Expose yourself – design workshops in the real world
When I uploaded my slides from the recent IA Summit in Denver to slideshare, I had particular problems with uploading the speaker notes, which, still now, are not available. I’m a great believer in using simple slides as a visual enhancement to a spoken narrative, and so when those slides are posted on their own, there can be some strange interpretations.
In particular, I have one slide in that presentation which simply says ‘Expose Yourself’. On its own, it could be read as something of a mid-life crisis admission in a magistrates court, but in my defence (pun intended), it’s actually part of a series of slides that try to explain the benefits of opening the black box of design, to encourage collaboration with clients and stakeholders to maximise brain power and increase efficiency.
I recently worked on a project that had a quite specific definition of the design deliverables that were likely to be required, before we’d even understood the problems and thought about solutions. This sounds bad, but really, it isn’t. When we’re defining a statement of work that clients can agree to and sign off, especially for newer clients, we’re not yet in the position to sell them a period of time that’s largely undefined, that we’ll somehow magically fill with analysis and design. Pragmatically, we have to describe something tangible for delivery, based on our previous experience of similar projects, that is meaningful and understandable. Critically though, that ‘tangible something’ has scale – and that is where it gets interesting.
On the project in question, the design deliverable was pretty well-specified from the outset. But following the results of focus groups, it was clear that we needed to spend some serious thinking time trying to understand what the deliverable really needed to be – which was potentially quite different from what we’d anticipated. The scale of our ‘tangible something’ was measured in days, and in order to set our new course, we had to agree on the best use of those days. In this case, we proposed that to understand that, we should get all the project stakeholders to bring their thoughts and ideas to the table and that we spend a day working together on defining our goals and objectives and thinking about how that looks when we talk about structures, clusters, boxes and arrows. Yes. A design workshop.

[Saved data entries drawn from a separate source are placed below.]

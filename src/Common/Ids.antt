-- ===== src/Common/Ids.antt =====
-- src/common/ids.h and ids.cc: chunk handles as text. `RandomHexId` draws from the random device and
-- is left out.
use gfs_impl_cpp.Base.{
  ltb, leb, ◌==◌, if◌then◌else◌, length, ℕ, zero, suc, ◌+◌, ◌-◌, ◌*◌, ◌/◌, ◌%◌, ◌^◌, ◌<◌, ◌≡◌, refl,
  sym, ap, ◌∙◌, not, ◌&&◌, Option, none, some, [], ◌∷◌, arith,
}
use gfs_impl_cpp.Base.Bytes.{Bytes, bytes_key}
use gfs_impl_cpp.Base.Map.{nat_key}

-- `digits[d]` for `d` below 16.
unfoldable pub hex_digit : ℕ → ℕ
hex_digit d = if ltb d 10 then b'0' + d else b'a' + (d - 10)

-- The loop from position `i - 1` down to 0, with the text behind it.
unfoldable pub hex_from : ℕ → ℕ → Bytes → Bytes
hex_from zero handle rest = rest
hex_from (suc i) handle rest = hex_from i (handle / 16) (hex_digit (handle % 16) ∷ rest)

unfoldable pub handle_to_hex : ℕ → Bytes
handle_to_hex handle = hex_from 16 handle []

-- The digits that `std::from_chars` reads in base 16, of either case.
unfoldable pub hex_value : ℕ → Option ℕ
hex_value c =
    if leb b'0' c && leb c b'9'
    then some (c - b'0')
    else if leb b'a' c && leb c b'f'
    then some (c - b'a' + 10)
    else if leb b'A' c && leb c b'F'
    then some (c - b'A' + 10)
    else none

-- `std::from_chars` that reads to the end: none where it stops before. Sixteen digits do not overflow.
unfoldable pub hex_read : ℕ → Bytes → Option ℕ
hex_read value [] = some value
hex_read value (c ∷ cs) = elim (hex_value c) [ none ↦ none | some d ↦ hex_read (value * 16 + d) cs ]

unfoldable pub hex_to_handle : Bytes → Option ℕ
hex_to_handle text = if not (length text == 16) then none else hex_read 0 text

hex_value-hex_digit : (d : ℕ) → d < 16 → hex_value (hex_digit d) ≡ some d
unfolding hex_value hex_digit
hex_value-hex_digit d h = ground arith

length-hex_from : (i handle : ℕ) (rest : Bytes) → length (hex_from i handle rest) ≡ i + length rest
unfolding hex_from
length-hex_from zero handle rest = omega arith
length-hex_from (suc i) handle rest =
    length-hex_from i (handle / 16) (hex_digit (handle % 16) ∷ rest) ∙ (omega arith)

-- The handle has at most that many digits.
abbrev Fits : ℕ → ℕ → Type 0
Fits zero handle = handle ≡ 0
Fits (suc i) handle = Fits i (handle / 16)

hex_read-digit :
    (value d : ℕ) (rest : Bytes)
    → d < 16
    → hex_read value (hex_digit d ∷ rest) ≡ hex_read (value * 16 + d) rest
unfolding hex_read
hex_read-digit value d rest h = rw (hex_value-hex_digit d h, hex_read) refl

hex_read-hex_from :
    (i handle : ℕ) (rest : Bytes)
    → Fits i handle
    → hex_read 0 (hex_from i handle rest) ≡ hex_read handle rest
unfolding hex_from
hex_read-hex_from zero handle rest f = ap (λ n. hex_read n rest) (sym f)
hex_read-hex_from (suc i) handle rest f =
    let d : handle % 16 < 16 = omega arith in
    let e : handle / 16 * 16 + handle % 16 ≡ handle = omega arith in
    hex_read-hex_from i (handle / 16) (hex_digit (handle % 16) ∷ rest) f
    ∙ (hex_read-digit (handle / 16) (handle % 16) rest d ∙ ap (λ n. hex_read n rest) e)

-- The name of a chunk file has sixteen characters and reads back as the handle, for every handle of a
-- `uint64_t`.
pub hex_to_handle-handle_to_hex :
    (handle : ℕ)
    → handle < 2 ^ 64
    → (length (handle_to_hex handle) ≡ 16) × (hex_to_handle (handle_to_hex handle) ≡ some handle)
unfolding handle_to_hex hex_to_handle
hex_to_handle-handle_to_hex handle h =
    let n = length-hex_from 16 handle [] in
    let f : Fits 16 handle = omega arith in
    (n, rw (n, hex_to_handle) (hex_read-hex_from 16 handle [] f ∙ (unfold hex_read in refl)))
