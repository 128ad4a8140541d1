-- ===== src/Common/Paths/Split.antt =====
-- What the searches for a byte return on texts that are put together around it.
use gfs_impl_cpp.Base.{
  ◌==◌, Bool-cases, Option-cases, length, take, drop, ℕ, zero, suc, ◌+◌, ◌≡◌, refl, ◌≢◌, ◌⊎◌, inl,
  inr, Bool, true, false, not, ◌&&◌, none, some, [], ◌∷◌, ◌++◌, arith,
}
use gfs_impl_cpp.Base.Bytes.{Bytes, bytes_key}
use gfs_impl_cpp.Base.Map.{nat_key}
use gfs_impl_cpp.Common.Paths.{until, beyond, rfind, ends_with, starts_with}

-- `c` does not occur.
abbrev pub free : ℕ → Bytes → Bool
free c [] = true
free c (x ∷ xs) = not (x == c) && free c xs

module _ (c : ℕ) where
  pub until-append : (a r : Bytes) → free c a ≡ true → until c (a ++ (c ∷ r)) ≡ a
  unfolding until
  until-append [] r h = ground arith
  until-append (x ∷ a) r h = ground (arith, until-append a r)

  pub beyond-append : (a r : Bytes) → free c a ≡ true → beyond c (a ++ (c ∷ r)) ≡ some r
  unfolding beyond
  beyond-append [] r h = ground arith
  beyond-append (x ∷ a) r h = ground (arith, beyond-append a r)

  pub until_of_free : (a : Bytes) → free c a ≡ true → until c a ≡ a
  unfolding until
  until_of_free [] h = refl
  until_of_free (x ∷ a) h = ground (arith, until_of_free a)

  pub beyond_of_free : (a : Bytes) → free c a ≡ true → beyond c a ≡ none
  unfolding beyond
  beyond_of_free [] h = refl
  beyond_of_free (x ∷ a) h = ground (arith, beyond_of_free a)

  pub until-free : (s : Bytes) → free c (until c s) ≡ true
  unfolding until
  until-free [] = refl
  until-free (x ∷ s) = ground (arith, until-free s)

  -- A text is what stands before the first `c`, with `c` and what stands behind it, if any.
  pub until-beyond :
      (s : Bytes)
      → ((beyond c s ≡ none) × (s ≡ until c s))
        ⊎ ((r : Bytes) × (beyond c s ≡ some r) × (s ≡ until c s ++ (c ∷ r)))
  unfolding until beyond
  until-beyond [] = inl (refl, refl)
  until-beyond (x ∷ s) = elim (Bool-cases (x == c)) [
    | inl e ↦ inr (s, ground arith, ground arith)
    | inr e ↦ elim (until-beyond s) [
      | inl (b, u) ↦ inl (ground arith, ground arith)
      | inr (r, b, u) ↦ inr (r, ground arith, ground arith)
    ]
  ]

  pub rfind_of_free : (n : Bytes) → free c n ≡ true → rfind c n ≡ none
  unfolding rfind
  rfind_of_free [] h = refl
  rfind_of_free (x ∷ n) h = ground (arith, rfind_of_free n)

  pub rfind-append : (d n : Bytes) → free c n ≡ true → rfind c (d ++ (c ∷ n)) ≡ some (length d)
  unfolding rfind
  rfind-append [] n h = ground (arith, rfind_of_free n)
  rfind-append (x ∷ d) n h = ground (arith, rfind-append d n)

  pub rfind-none : (s : Bytes) → rfind c s ≡ none → free c s ≡ true
  unfolding rfind
  rfind-none [] h = refl
  rfind-none (x ∷ s) h = ground (arith, rfind-none s, Option-cases (rfind c s))

  pub rfind-some :
      (s : Bytes) (i : ℕ)
      → rfind c s ≡ some i
      → (s ≡ take i s ++ (c ∷ drop (i + 1) s)) × (free c (drop (i + 1) s) ≡ true)
  unfolding rfind
  rfind-some [] i h = cc
  rfind-some (x ∷ s) zero h = ground (arith, rfind-none s, Option-cases (rfind c s))
  rfind-some (x ∷ s) (suc i) h = ground (arith, rfind-some s i, Option-cases (rfind c s))

  pub ends_with-append : (d n : Bytes) → n ≢ [] → free c n ≡ true → ends_with c (d ++ n) ≡ false
  unfolding ends_with
  ends_with-append [] [] h f = absurd (h refl)
  ends_with-append [] (x ∷ []) h f = ground arith
  ends_with-append [] (x ∷ y ∷ n) h f = ends_with-append [] (y ∷ n) (λ e. cc) (ground arith)
  ends_with-append (x ∷ []) [] h f = absurd (h refl)
  ends_with-append (x ∷ []) (y ∷ n) h f = ends_with-append [] (y ∷ n) h f
  ends_with-append (x ∷ y ∷ d) n h f = ends_with-append (y ∷ d) n h f

pub free-append : (c : ℕ) (a b : Bytes) → free c (a ++ b) ≡ (free c a && free c b)
free-append c [] b = refl
free-append c (x ∷ a) b = ground (arith, free-append c a b)

pub drop-append_suc : (d n : Bytes) (c : ℕ) → drop (length d + 1) (d ++ (c ∷ n)) ≡ n
drop-append_suc [] n c = refl
drop-append_suc (x ∷ d) n c =
    let e : length (x ∷ d) + 1 ≡ suc (length d + 1) = omega arith in rw e (drop-append_suc d n c)

pub append-ne-nil : (d n : Bytes) (c : ℕ) → d ++ (c ∷ n) ≢ []
append-ne-nil [] n c e = cc
append-ne-nil (x ∷ d) n c e = cc

pub starts_with-append : (p s : Bytes) → starts_with p (p ++ s) ≡ true
unfolding starts_with
starts_with-append [] s = refl
starts_with-append (x ∷ p) s = ground (arith, starts_with-append p s)

pub starts_with-split : (p s : Bytes) → starts_with p s ≡ true → s ≡ p ++ drop (length p) s
unfolding starts_with
starts_with-split [] s h = refl
starts_with-split (x ∷ p) [] h = cc
starts_with-split (x ∷ p) (y ∷ s) h = ground (arith, starts_with-split p s)

pub append-injective_right : (p a b : Bytes) → p ++ a ≡ p ++ b → a ≡ b
append-injective_right [] a b h = h
append-injective_right (x ∷ p) a b h = append-injective_right p a b (ground arith)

Design workshops can be super-effective for clarifying objectives, surfacing ideas, analysing research outcomes, using up flip charts and making swift progress through design challenges. But they are not for everyone. They’re not for all clients. They’re especially not for all designers. While more than one head is almost always better than just one head to solve a problem, there can be a reluctance on the part of professional problem-solvers to allow others to collaborate with them on that most cerebral of tasks. That’s why I say you have to expose yourself. Let clients, stakeholders and anybody else who might have an opinion be part of your process and maximise the benefit of all those brains being in the room. When you’re steering a new course for your project ship, it should be all hands on deck. If you want to hit new project targets, you should have all your brain-wood behind one arrow. If you want to continue with ridiculous project metaphors, you should all, well, actually, forget that one. The point is, design workshops really work, and if you’re not doing them, especially when you need to corral project stakeholders and think about design direction, then I really think you’re missing a trick. In this case, the workshop enabled us to clearly define the design requirements, scope out the next phase of work and turned on at least a hundred lightbulbs over people’s heads. In the end, just talking through design propositions in the workshop radically altered the client’s expectations for how their business could position themselves in the marketplace. We’re going to do another one soon, where I’ll expose myself some more, but better to be outed in the conference room of collaboration than stuck on my own in the black box of design.